Task objective :: Lift every line from the entries that includes the word "Autonomous".

Records for this task ::
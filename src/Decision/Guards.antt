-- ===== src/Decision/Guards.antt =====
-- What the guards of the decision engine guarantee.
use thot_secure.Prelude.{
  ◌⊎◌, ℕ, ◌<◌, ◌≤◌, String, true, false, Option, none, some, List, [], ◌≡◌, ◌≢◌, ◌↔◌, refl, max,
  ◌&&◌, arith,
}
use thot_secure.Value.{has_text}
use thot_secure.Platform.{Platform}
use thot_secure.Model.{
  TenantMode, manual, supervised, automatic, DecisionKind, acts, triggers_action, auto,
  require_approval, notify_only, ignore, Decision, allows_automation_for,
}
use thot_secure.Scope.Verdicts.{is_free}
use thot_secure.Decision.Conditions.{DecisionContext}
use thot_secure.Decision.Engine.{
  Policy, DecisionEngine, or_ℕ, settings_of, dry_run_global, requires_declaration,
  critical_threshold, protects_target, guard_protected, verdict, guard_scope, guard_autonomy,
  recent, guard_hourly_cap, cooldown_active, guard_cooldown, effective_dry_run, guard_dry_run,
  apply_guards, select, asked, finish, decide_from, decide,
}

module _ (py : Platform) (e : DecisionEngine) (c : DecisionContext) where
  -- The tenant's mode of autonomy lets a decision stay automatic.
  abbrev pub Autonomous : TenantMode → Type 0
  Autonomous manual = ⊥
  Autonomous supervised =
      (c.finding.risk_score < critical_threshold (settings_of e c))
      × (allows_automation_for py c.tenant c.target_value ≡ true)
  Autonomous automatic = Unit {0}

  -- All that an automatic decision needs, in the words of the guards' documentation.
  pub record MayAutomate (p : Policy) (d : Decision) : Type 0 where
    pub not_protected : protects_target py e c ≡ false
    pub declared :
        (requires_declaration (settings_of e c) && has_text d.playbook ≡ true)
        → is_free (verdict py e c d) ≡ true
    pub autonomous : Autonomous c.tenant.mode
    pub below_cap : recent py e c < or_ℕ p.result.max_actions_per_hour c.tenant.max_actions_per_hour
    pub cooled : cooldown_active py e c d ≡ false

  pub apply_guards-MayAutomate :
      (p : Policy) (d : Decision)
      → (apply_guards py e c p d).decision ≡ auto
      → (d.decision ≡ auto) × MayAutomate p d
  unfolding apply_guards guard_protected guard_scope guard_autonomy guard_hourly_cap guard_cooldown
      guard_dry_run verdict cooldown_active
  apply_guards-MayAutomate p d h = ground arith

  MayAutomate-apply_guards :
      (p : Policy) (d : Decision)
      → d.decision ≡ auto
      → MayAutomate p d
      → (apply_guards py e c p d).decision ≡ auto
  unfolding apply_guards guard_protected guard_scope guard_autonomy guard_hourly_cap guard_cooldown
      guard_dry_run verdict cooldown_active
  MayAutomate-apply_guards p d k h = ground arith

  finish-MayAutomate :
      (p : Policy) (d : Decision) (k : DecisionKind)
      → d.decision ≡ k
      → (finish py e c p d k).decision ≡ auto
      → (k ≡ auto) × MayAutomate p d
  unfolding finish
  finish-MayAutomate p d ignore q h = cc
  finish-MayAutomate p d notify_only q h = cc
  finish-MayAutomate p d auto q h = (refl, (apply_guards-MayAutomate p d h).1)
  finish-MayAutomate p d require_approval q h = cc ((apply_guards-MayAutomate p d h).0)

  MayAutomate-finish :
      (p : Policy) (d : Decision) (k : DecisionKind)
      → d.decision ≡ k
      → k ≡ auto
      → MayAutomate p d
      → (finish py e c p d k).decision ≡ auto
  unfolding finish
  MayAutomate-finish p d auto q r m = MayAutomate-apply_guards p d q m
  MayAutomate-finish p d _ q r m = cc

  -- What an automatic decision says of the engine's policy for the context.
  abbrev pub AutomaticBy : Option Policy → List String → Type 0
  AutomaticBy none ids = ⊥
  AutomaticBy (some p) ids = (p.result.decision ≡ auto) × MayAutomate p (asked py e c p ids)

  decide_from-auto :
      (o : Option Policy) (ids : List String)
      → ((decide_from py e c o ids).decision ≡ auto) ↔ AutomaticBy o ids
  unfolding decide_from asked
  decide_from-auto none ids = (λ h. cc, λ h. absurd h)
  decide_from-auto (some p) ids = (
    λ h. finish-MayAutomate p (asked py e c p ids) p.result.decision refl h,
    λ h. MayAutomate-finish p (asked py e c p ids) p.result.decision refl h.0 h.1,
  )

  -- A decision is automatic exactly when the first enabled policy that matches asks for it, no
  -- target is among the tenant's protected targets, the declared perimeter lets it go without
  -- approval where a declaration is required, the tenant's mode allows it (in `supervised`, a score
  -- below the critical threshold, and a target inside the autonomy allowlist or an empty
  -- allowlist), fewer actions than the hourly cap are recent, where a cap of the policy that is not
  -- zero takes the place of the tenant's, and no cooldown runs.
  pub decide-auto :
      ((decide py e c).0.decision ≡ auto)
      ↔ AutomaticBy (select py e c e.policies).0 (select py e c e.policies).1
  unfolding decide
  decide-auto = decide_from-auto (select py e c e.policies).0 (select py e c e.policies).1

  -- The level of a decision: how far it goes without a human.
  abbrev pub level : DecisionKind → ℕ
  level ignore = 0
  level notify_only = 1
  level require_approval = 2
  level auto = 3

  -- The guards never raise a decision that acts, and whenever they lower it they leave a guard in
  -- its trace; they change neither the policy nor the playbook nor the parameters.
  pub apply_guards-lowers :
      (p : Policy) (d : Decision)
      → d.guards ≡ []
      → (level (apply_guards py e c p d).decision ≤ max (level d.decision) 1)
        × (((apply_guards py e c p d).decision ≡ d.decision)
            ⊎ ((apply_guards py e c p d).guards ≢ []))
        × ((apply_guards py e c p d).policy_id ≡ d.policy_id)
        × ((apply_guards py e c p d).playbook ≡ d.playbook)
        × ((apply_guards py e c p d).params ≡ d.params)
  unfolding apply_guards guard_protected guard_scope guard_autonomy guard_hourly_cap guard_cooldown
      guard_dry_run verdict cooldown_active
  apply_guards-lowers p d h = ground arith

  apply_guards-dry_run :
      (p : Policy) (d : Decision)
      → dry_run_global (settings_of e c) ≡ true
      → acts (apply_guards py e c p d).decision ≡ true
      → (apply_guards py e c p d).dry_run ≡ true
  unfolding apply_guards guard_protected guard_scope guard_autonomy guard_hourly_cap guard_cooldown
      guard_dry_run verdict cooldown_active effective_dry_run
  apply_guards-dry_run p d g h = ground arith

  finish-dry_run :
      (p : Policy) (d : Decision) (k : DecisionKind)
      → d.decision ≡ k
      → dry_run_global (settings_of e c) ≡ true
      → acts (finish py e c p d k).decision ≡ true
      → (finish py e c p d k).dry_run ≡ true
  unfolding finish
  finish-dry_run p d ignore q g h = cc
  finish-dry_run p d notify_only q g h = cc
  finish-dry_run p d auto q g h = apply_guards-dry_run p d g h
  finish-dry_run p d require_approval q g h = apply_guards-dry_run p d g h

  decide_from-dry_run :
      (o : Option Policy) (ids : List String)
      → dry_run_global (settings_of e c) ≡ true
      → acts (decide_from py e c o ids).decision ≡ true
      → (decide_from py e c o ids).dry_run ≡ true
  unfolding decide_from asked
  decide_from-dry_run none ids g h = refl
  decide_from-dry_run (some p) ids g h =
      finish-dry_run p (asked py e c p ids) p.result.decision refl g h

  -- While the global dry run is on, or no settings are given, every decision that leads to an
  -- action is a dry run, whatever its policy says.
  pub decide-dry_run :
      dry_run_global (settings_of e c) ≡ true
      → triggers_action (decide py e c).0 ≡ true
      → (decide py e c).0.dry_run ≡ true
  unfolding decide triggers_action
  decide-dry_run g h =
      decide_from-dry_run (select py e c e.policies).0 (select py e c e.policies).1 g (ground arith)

...

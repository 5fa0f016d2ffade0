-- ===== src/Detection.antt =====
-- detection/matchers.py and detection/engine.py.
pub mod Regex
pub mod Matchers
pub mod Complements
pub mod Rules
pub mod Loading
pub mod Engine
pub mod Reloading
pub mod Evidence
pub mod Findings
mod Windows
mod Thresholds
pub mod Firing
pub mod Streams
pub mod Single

---

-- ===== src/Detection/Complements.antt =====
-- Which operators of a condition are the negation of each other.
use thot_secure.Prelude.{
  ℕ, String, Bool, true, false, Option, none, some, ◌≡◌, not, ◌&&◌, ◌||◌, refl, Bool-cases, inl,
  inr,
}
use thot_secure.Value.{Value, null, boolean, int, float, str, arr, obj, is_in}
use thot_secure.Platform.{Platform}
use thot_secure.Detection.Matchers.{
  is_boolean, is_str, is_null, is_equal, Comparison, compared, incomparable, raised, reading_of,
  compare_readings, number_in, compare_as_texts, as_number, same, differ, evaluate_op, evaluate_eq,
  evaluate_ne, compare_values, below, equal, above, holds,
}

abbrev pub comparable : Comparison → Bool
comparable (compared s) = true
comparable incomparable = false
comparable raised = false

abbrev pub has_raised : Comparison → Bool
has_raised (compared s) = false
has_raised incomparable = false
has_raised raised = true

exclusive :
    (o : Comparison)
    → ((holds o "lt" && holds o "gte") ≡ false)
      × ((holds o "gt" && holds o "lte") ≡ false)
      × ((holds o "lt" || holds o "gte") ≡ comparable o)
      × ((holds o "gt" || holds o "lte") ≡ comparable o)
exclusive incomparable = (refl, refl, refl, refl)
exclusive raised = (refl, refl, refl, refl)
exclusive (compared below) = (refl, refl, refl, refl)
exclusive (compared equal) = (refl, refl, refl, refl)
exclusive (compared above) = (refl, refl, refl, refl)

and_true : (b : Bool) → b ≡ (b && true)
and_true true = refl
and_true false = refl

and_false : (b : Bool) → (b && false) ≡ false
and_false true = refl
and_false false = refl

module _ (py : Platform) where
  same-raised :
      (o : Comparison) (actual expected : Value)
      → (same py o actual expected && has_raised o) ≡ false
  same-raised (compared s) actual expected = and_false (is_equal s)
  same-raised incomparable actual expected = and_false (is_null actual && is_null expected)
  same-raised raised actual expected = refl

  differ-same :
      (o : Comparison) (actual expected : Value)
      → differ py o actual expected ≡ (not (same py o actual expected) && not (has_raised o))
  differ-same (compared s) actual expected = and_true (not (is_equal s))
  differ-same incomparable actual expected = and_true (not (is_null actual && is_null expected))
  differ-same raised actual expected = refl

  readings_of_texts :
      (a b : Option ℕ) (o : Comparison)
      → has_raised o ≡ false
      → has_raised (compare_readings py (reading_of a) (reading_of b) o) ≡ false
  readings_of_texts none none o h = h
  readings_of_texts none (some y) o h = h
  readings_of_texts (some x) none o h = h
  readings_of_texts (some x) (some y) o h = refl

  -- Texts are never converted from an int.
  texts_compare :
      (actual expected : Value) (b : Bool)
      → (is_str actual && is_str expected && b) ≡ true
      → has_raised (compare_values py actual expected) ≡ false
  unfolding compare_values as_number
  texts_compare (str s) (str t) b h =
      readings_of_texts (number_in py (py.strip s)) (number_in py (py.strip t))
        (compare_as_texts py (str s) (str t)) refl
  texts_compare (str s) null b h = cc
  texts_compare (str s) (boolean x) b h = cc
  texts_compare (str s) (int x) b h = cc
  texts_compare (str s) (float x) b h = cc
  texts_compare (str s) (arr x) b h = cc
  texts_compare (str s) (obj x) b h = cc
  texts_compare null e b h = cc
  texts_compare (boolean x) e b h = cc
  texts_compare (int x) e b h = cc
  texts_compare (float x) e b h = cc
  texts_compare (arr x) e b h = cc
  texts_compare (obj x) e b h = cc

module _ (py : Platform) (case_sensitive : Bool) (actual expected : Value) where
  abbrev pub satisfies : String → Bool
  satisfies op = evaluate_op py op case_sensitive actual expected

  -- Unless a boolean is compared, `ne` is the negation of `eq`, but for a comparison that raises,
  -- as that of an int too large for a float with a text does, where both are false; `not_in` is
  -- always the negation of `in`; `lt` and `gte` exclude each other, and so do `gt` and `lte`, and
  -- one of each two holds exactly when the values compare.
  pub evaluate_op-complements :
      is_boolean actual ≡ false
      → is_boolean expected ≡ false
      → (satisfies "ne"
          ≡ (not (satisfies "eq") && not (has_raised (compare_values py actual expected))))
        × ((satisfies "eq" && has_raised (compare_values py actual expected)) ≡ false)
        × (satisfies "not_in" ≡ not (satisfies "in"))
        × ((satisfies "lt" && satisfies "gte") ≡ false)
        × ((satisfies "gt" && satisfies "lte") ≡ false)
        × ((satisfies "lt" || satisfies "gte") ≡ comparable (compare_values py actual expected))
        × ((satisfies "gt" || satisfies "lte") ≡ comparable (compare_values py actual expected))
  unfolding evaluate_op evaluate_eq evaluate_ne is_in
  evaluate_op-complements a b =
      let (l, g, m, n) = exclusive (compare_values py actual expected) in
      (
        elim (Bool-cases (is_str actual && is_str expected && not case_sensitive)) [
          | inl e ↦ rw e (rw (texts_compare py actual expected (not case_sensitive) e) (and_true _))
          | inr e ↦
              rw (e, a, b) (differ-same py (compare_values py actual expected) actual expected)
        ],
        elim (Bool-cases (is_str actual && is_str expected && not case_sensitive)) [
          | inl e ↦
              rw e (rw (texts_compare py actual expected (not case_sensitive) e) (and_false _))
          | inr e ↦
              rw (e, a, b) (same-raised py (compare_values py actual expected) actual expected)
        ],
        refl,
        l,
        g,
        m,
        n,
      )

Written solution ::
  abbrev pub Autonomous : TenantMode → Type 0
  Autonomous manual = ⊥
  Autonomous supervised =
  Autonomous automatic = Unit {0}
    pub autonomous : Autonomous c.tenant.mode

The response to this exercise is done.